Sad And Alone

by That1Girl   May 30, 2007


In the darkness of my room I begin to drift to sleep state,
I slowly see myself as another being, cold and dark,
As this thing becomes more clear I feel the hate she generates.
As I begin to awaken I hear the distant cry of a lark.

By noon I have begun to feel alone and depressed,
I have been truend down by all my friends and left to be alone,
By six I feel more and more depressed,
The dawn comes again and again I'm left alone.

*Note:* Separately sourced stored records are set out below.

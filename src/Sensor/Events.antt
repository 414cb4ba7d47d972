-- ===== src/Sensor/Events.antt =====
-- `Sensor.get_sel` and `Sensor.set_sel` (vcompute/common/scripts/ipmi_sim/sensor.py). The result
-- is the False of an early return, or None.
pub mod Outcomes
pub mod Framed
pub mod Sent
pub mod Specific
use idic.Prelude.{ℕ, Bool, true, false, Option, none, some, if◌then◌else◌, not}
use idic.Prelude.Int.{ℤ}
use idic.Sel.{
  check_event_type, check_sensor_type, get_event, set_event_data, set_event_dir, send_event,
}
use idic.Model.{
  Sensor, Sel, Exec, Done, pure, object, store, ◌>>=◌, ◌>>◌, World, Result, ok, err, continue,
  modify,
}

unfoldable pub get_sel : ℕ → Exec (Option Bool)
get_sel a = do
  s ← object a
  typed ← check_event_type s.sel
  if not typed then pure (some false) else do
    standard ← check_sensor_type s.sel
    if not standard then pure (some false) else do get_event s.sel; pure none

-- The rest of `set_sel` once `set_event_data` has returned.
unfoldable pub record_event : ℕ → Sensor → ℕ → Bool × Sel → Exec (Option Bool)
record_event a s event_dir (found, sel) = if not found then pure (some false) else do
  store a (record s { sel = set_event_dir event_dir sel })
  send_event (set_event_dir event_dir sel)
  pure none

-- The part of `set_sel` behind the two checks.
unfoldable pub add_event : ℕ → Sensor → ℤ → ℕ → Exec (Option Bool)
unfolding record_event
add_event a s event_id event_dir = do
  found ← set_event_data event_id s.sel
  record_event a s event_dir found

-- The second check, and the first.
unfoldable pub standard_add : ℕ → ℤ → ℕ → Sensor → Exec (Option Bool)
standard_add a event_id event_dir s = do
  standard ← check_sensor_type s.sel
  if not standard then pure (some false) else add_event a s event_id event_dir

unfoldable pub checked_add : ℕ → ℤ → ℕ → Sensor → Exec (Option Bool)
checked_add a event_id event_dir s = do
  typed ← check_event_type s.sel
  if not typed then pure (some false) else standard_add a event_id event_dir s

unfoldable pub set_sel : ℕ → ℤ → ℕ → Exec (Option Bool)
unfolding checked_add standard_add add_event
set_sel a event_id event_dir = do s ← object a; checked_add a event_id event_dir s
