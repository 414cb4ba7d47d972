-- ===== src/Sensor/Events/Framed.antt =====
-- What the event operations (sel.py, sensor.py) leave alone.
use idic.Prelude.{entry_ℤ, ℕ, Bool, [], ◌∷◌}
use idic.Prelude.Int.{ℤ}
use idic.Model.{World, Sensor, Sel}
use idic.Model.Outcomes.{
  Preserves-pure, Preserves-lift, Preserves-object, Preserves-bind, Preserves-if, Preserves-raise,
  Preserves-option,
}
use idic.Sel.{
  between, is_number, check_event_type, check_sensor_type, list_events, list_specific_events,
  get_event, set_event_data, send_event, OemClass, c0_df, e0_ff, OemSel, oem_send_event,
}
use idic.Sel.Generic.{Events}
use idic.Sel.Entry.{SpecificEvents}
use idic.Sensor.Law.{
  Law, IsFramed, Framed, Framed-store, Framed-put_message, Framed-log_error, Framed-send,
  Framed-object,
}
use idic.Sensor.Events.{get_sel, set_sel, record_event, add_event, standard_add, checked_add}

module _ (p : Law) (v : World) where
  Framed-check_event_type : (s : Sel) → Framed p v (check_event_type s)
  unfolding check_event_type
  Framed-check_event_type s =
      search (Preserves-bind, Preserves-if, Framed-put_message, Framed-log_error, Preserves-pure)
        depth 8

  Framed-check_sensor_type : (s : Sel) → Framed p v (check_sensor_type s)
  unfolding check_sensor_type
  Framed-check_sensor_type s =
      search (Preserves-bind, Preserves-if, Framed-put_message, Framed-log_error, Preserves-pure)
        depth 8

  Framed-list_events : (es : Events) → Framed p v (list_events es)
  unfolding list_events
  Framed-list_events [] = search (Preserves-pure)
  Framed-list_events ((i, d) ∷ es) =
      Preserves-bind (IsFramed p v) _ (λ t. list_events es) (Framed-put_message p v _)
        (λ t. Framed-list_events es)

  Framed-list_specific_events : (es : SpecificEvents) → Framed p v (list_specific_events es)
  unfolding list_specific_events
  Framed-list_specific_events [] = search (Preserves-pure)
  Framed-list_specific_events ((i, e) ∷ es) =
      Preserves-bind (IsFramed p v) _ (λ t. list_specific_events es) (Framed-put_message p v _)
        (λ t. Framed-list_specific_events es)

  Framed-get_event : (s : Sel) → Framed p v (get_event s)
  unfolding get_event
  Framed-get_event s =
      search
        (
          Preserves-bind, Preserves-if, Preserves-lift, Framed-list_events,
          Framed-list_specific_events, Framed-put_message, Framed-log_error, Preserves-pure,
        )
        depth 10

  Framed-set_event_data : (i : ℤ) (s : Sel) → Framed p v (set_event_data i s)
  unfolding set_event_data
  Framed-set_event_data i s =
      Preserves-if (IsFramed p v) (between 0x1 0x0C s.event_type) _ _
        (Preserves-bind (IsFramed p v) _ _ (Preserves-lift (IsFramed p v) _) (λ events.
          Preserves-option (IsFramed p v) (entry_ℤ i events) _ _
            (search (Preserves-bind, Framed-put_message, Preserves-pure))
            (λ d. Preserves-pure (IsFramed p v) _)))
        (Preserves-if (IsFramed p v) (is_number 0x6F s.event_type) _ _
          (Preserves-bind (IsFramed p v) _ _ (Preserves-lift (IsFramed p v) _) (λ events.
            Preserves-option (IsFramed p v) (entry_ℤ i events) _ _
              (search (Preserves-bind, Framed-put_message, Preserves-pure))
              (λ e. Preserves-pure (IsFramed p v) _)))
          (search (Preserves-bind, Framed-put_message, Framed-log_error, Preserves-pure)))

  pub Framed-send_event : (s : Sel) → Framed p v (send_event s)
  unfolding send_event
  Framed-send_event s = search (Preserves-bind, Framed-send, Preserves-pure)

  Framed-record_event :
      (a : ℕ) (s : Sensor) (d : ℕ) (r : Bool × Sel)
      → p.Holds a s
      → Framed p v (record_event a s d r)
  unfolding record_event
  Framed-record_event a s d (b, sel) h =
      search (Preserves-bind, Preserves-if, Framed-store, Framed-send_event, Preserves-pure, p.sel)
        depth 8

  pub Framed-get_sel : (a : ℕ) → Framed p v (get_sel a)
  unfolding get_sel
  Framed-get_sel a =
      search
        (
          Preserves-bind, Preserves-object, Framed-check_event_type, Framed-check_sensor_type,
          Preserves-if, Framed-get_event, Preserves-pure,
        )
        depth 12

  pub Framed-set_sel : (a : ℕ) (i : ℤ) (d : ℕ) → Framed p v (set_sel a i d)
  unfolding set_sel checked_add standard_add add_event
  Framed-set_sel a i d = Framed-object p v a _ (λ s h.
      search
        (
          Preserves-bind, Framed-check_event_type, Framed-check_sensor_type, Preserves-if,
          Framed-set_event_data, Framed-record_event, Preserves-pure,
        )
        depth 12)

  pub Framed-oem_send_event : (c : OemClass) (s : OemSel) → Framed p v (oem_send_event c s)
  unfolding oem_send_event
  Framed-oem_send_event c0_df s = search (Preserves-raise)
  Framed-oem_send_event e0_ff s = search (Preserves-bind, Framed-send, Preserves-pure)
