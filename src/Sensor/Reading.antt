-- ===== src/Sensor/Reading.antt =====
-- The conversion between raw and shown values, and the table line of a sensor
-- (vcompute/common/scripts/ipmi_sim/sensor.py, `get_reading_factor` to `output_info`).
pub mod Factors
use idic.Prelude.{
  ℕ, ◌+◌, ◌*◌, ◌/◌, ◌^◌, String, Bool, true, false, ◌&&◌, not, Option, none, some, List, [], ◌∷◌,
  ◌++◌, ◌==◌, if◌then◌else◌, bit_and, bit_xor, entry,
}
use idic.Prelude.Int.{ℤ, pos, negsuc, complement, ◌+ℤ◌, ◌*ℤ◌}
use idic.Text.{Text, codes, hex, decimal, ljust}
use idic.Model.{
  Sensor, Value, absent, number, text, Double, Exec, pure, raise, lift, attribute, type_error,
  zero_division, unbound_local, ◌>>=◌, gets, World, Result, ok, err, continue,
}
use idic.Sensor.Attributes.{EventKind, na, threshold, discrete, get_event_type}
use idic.Sensor.Units.{sensor_unit}

-- What the two lambdas of `get_reading_factor` close over.
pub record Factor : Type 0 where
  pub m : ℕ
  pub b : ℤ
  pub b_exponent : ℕ
  pub r_exponent : ℤ

unfoldable pub m_of : ℕ → ℕ → ℕ
m_of m_ub m_lb = bit_and m_ub 0xc0 * 4 + m_lb

unfoldable pub b_of : ℕ → ℕ → ℤ
b_of b_ub b_lb =
    if bit_and (b_ub / 128) 0x1 == 1
    then complement (pos (bit_xor (bit_and b_ub 0x40 * 4 + b_lb) 0x1ff))
    else pos (bit_and b_ub 0xc0 * 4 + b_lb)

unfoldable pub r_exponent_of : ℕ → ℤ
r_exponent_of exp =
    if bit_and (exp / 128) 0x1 == 1
    then complement (pos (bit_xor (bit_and exp 0x70 / 16) 0x07))
    else pos (bit_and exp 0xf0 / 16)

unfoldable pub get_reading_factor : Sensor → Exec Factor
unfolding m_of b_of r_exponent_of
get_reading_factor s = do
  m_ub ← attribute s.m_ub
  m_lb ← attribute s.m_lb
  b_ub ← attribute s.b_ub
  b_lb ← attribute s.b_lb
  exp ← attribute s.exp
  pure (record {
    m = m_of m_ub m_lb;
    b = b_of b_ub b_lb;
    b_exponent = bit_and exp 0x0f;
    r_exponent = r_exponent_of exp;
  })

-- A Python number: the scale `10**Rexpo` is an int, or a float where the exponent is negative.
pub data Num : Type 0 where
  int : ℤ → Num
  float : Double → Num

-- B * 10**Bexpo
abbrev pub offset : Factor → ℤ
offset f = f.b *ℤ pos (10 ^ f.b_exponent)

abbrev scaled : ℤ → ℤ → World → Num
scaled n (pos e) w = int (n *ℤ pos (10 ^ e))
scaled n (negsuc e) w =
    float (w.outside.mul_double (w.outside.double_of n) (w.outside.power_of_ten (negsuc e)))

-- (M*x + B*10**Bexpo) * 10**Rexpo
unfoldable pub formula_1 : Factor → Value → Exec Num
formula_1 f (number x) = gets (scaled (pos f.m *ℤ x +ℤ offset f) f.r_exponent)
formula_1 f _ = raise type_error

abbrev scale : ℤ → World → Double
scale (pos e) w = w.outside.double_of (pos (10 ^ e))
scale (negsuc e) w = w.outside.power_of_ten (negsuc e)

-- (x / (10**Rexpo) - B*10**Bexpo) / M
unfoldable pub formula_2 : Factor → Double → Exec Double
formula_2 f x w =
    let shifted =
      w.outside.sub_double (w.outside.div_double x (scale f.r_exponent w))
        (w.outside.double_of (offset f)) in
    if f.m == 0
    then raise zero_division w
    else pure (w.outside.div_double shifted (w.outside.double_of (pos f.m))) w

-- "%.3f" % x
unfoldable pub format_three_places : Num → Exec Text
format_three_places (int n) = gets (λ w. w.outside.three_places (w.outside.double_of n))
format_three_places (float x) = gets (λ w. w.outside.three_places x)

-- str(x) of a value
unfoldable pub str_value : Value → Text
str_value absent = codes "None"
str_value (number n) = decimal n
str_value (text t) = t

abbrev unit_name : Option String → Text
unit_name none = codes "unknown"
unit_name (some u) = codes u

unfoldable pub get_unit : Sensor → Exec Text
get_unit s = do
  k ← get_event_type s
  elim k [
    | threshold ↦ (do su2 ← attribute s.su2; pure (unit_name (entry su2 sensor_unit)))
    | _ ↦ pure (codes "discrete")
  ]

-- The reading of a threshold that the mask has, and NA for any other.
unfoldable pub threshold_text : Sensor → ℕ → ℕ → Exec Text
unfolding get_reading_factor formula_1 format_three_places
threshold_text s mask raw = do
  k ← get_event_type s
  elim k [
    | threshold ↦ (do
      rtm ← attribute s.rtm
      if bit_and rtm mask == 0 then pure (codes "NA") else do
        f ← get_reading_factor s
        n ← formula_1 f (number (pos raw))
        format_three_places n)
    | _ ↦ pure (codes "NA")
  ]

-- The value column; `value` is unbound for a sensor of kind NA.
unfoldable pub value_text : Sensor → Exec Text
unfolding get_reading_factor formula_1 format_three_places str_value
value_text s = do
  k ← get_event_type s
  elim k [
    | threshold ↦ (do f ← get_reading_factor s; n ← formula_1 f s.value; format_three_places n)
    | discrete ↦ pure (str_value s.value)
    | na ↦ raise unbound_local
  ]

unfoldable pub output_info : Sensor → Exec Text
unfolding value_text get_unit threshold_text
output_info s = do
  value ← value_text s
  su ← get_unit s
  lnr ← threshold_text s 0x04 s.lnr
  lc ← threshold_text s 0x02 s.lc
  lnc ← threshold_text s 0x01 s.lnc
  unc ← threshold_text s 0x08 s.unc
  uc ← threshold_text s 0x10 s.uc
  unr ← threshold_text s 0x20 s.unr
  pure (
      ljust 20 s.name
      ++ codes "| "
      ++ ljust 10 (hex (pos s.id))
      ++ codes "| "
      ++ ljust 10 value
      ++ codes "| "
      ++ ljust 20 su
      ++ codes "| "
      ++ ljust 10 lnr
      ++ codes "| "
      ++ ljust 10 lc
      ++ codes "| "
      ++ ljust 10 lnc
      ++ codes "| "
      ++ ljust 10 unc
      ++ codes "| "
      ++ ljust 10 uc
      ++ codes "| "
      ++ unr)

I see now that the girl in my dreams is me,
Why I dream this horrible way of life is still unknown,
I day dream about a place where none need to flee,
No one ever depressed and alone.

Everyone in this place is happy and full of glee,
But still I sit alone,
No where to go, no where to flee.
Still all on my own.

Cast out of my regular routine I sit at my locker,
No where to turn tail and hide,
Alone in the world by my locker,
I want to be in a small space, confined.

People come and go but still no sign of relief,
I wish for happiness,
I wish for an end to my grief,
I do not know happiness or if I will ever find true happiness.

The pages know not of what I write,
These simple pages only know their life is short,
They feel no pain or the painful bite,
They only wish to abort.

Like the paper I wish to abort this thing called pain,
I know not why I write this,
I have no gain,
I only use these words for my relief; my story; my poem.